**Problem requirements**
Only the lines from the one containing "array is one that passes them." through the one containing "unfolding pkgset_get_requiredby_packages" should be printed, exactly as they appear below, with both ends included.

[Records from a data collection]
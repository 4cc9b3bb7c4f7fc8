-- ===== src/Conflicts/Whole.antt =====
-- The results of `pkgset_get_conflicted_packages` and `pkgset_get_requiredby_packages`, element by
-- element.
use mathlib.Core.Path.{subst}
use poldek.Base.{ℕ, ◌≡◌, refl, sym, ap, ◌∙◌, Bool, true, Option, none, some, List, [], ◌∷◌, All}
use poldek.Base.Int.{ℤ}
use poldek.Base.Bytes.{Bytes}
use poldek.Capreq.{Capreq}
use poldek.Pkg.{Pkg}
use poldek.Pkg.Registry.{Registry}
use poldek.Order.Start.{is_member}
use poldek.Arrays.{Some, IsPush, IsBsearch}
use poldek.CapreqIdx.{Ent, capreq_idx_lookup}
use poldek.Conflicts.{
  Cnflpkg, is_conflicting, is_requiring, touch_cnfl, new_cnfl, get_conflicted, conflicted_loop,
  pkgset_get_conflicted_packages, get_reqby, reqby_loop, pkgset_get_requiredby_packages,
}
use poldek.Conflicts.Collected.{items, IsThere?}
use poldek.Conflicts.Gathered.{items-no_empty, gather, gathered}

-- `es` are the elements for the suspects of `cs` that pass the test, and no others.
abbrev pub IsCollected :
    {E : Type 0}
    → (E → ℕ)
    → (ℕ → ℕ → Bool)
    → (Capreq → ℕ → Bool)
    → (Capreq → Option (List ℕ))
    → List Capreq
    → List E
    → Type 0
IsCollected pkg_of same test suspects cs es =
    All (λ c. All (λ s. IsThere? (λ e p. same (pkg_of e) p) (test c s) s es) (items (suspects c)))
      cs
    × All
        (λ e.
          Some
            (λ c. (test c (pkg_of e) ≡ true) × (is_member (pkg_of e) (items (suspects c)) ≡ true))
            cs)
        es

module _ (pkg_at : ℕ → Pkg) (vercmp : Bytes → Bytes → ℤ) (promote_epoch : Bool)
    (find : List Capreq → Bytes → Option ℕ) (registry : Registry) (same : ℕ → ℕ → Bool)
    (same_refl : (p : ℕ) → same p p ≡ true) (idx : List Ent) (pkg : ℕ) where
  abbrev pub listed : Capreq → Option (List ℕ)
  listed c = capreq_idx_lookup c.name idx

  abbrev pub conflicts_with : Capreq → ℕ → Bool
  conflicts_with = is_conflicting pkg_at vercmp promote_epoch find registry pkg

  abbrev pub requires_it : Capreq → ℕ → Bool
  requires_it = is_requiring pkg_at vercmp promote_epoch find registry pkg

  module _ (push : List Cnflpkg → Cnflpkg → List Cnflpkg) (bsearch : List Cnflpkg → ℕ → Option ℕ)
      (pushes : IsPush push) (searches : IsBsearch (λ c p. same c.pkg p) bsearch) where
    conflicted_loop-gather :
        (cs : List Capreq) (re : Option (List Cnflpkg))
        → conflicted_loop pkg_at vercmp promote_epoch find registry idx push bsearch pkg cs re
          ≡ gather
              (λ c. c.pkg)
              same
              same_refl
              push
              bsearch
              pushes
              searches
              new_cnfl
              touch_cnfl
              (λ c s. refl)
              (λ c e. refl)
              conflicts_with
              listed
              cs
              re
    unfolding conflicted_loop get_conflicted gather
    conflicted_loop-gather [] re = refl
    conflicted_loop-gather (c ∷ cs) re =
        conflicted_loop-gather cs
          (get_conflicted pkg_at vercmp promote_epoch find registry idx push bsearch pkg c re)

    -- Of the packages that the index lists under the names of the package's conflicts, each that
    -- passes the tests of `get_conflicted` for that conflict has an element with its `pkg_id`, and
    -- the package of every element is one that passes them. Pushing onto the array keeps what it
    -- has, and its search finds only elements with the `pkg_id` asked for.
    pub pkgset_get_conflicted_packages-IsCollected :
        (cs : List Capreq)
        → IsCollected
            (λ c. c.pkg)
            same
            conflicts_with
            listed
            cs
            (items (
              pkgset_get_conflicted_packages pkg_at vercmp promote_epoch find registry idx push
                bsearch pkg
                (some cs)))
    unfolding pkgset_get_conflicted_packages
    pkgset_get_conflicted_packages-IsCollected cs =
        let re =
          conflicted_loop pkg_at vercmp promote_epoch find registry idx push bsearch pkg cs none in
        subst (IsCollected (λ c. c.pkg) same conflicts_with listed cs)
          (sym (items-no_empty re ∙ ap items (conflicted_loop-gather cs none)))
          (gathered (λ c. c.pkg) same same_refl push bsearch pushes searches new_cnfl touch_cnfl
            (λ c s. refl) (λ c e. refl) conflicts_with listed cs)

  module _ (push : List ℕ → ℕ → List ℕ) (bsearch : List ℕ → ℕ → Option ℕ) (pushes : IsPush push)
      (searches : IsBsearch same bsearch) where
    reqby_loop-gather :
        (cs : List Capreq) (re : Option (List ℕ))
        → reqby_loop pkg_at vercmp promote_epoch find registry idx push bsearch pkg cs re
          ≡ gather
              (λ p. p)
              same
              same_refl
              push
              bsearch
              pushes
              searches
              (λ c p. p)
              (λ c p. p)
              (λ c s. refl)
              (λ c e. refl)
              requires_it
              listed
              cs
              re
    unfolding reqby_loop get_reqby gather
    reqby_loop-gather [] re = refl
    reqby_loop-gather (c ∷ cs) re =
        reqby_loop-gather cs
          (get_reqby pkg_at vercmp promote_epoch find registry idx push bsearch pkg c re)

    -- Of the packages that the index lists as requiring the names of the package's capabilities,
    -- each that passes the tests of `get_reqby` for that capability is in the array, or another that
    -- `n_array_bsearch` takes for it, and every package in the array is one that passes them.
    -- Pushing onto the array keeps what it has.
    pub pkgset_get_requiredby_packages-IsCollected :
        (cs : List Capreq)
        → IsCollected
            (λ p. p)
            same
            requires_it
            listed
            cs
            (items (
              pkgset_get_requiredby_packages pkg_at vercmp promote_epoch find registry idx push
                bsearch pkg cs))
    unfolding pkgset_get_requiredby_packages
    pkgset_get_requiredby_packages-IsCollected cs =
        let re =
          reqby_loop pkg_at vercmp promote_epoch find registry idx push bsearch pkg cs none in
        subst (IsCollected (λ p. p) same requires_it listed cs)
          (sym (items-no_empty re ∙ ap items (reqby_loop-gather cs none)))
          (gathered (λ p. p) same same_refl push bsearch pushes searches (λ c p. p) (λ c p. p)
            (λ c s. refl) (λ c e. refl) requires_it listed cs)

**Response**
    -- `n_array_bsearch` takes for it, and every package in the array is one that passes them.
    -- Pushing onto the array keeps what it has.
    pub pkgset_get_requiredby_packages-IsCollected :
        (cs : List Capreq)
        → IsCollected
            (λ p. p)
            same
            requires_it
            listed
            cs
            (items (
              pkgset_get_requiredby_packages pkg_at vercmp promote_epoch find registry idx push
                bsearch pkg cs))
    unfolding pkgset_get_requiredby_packages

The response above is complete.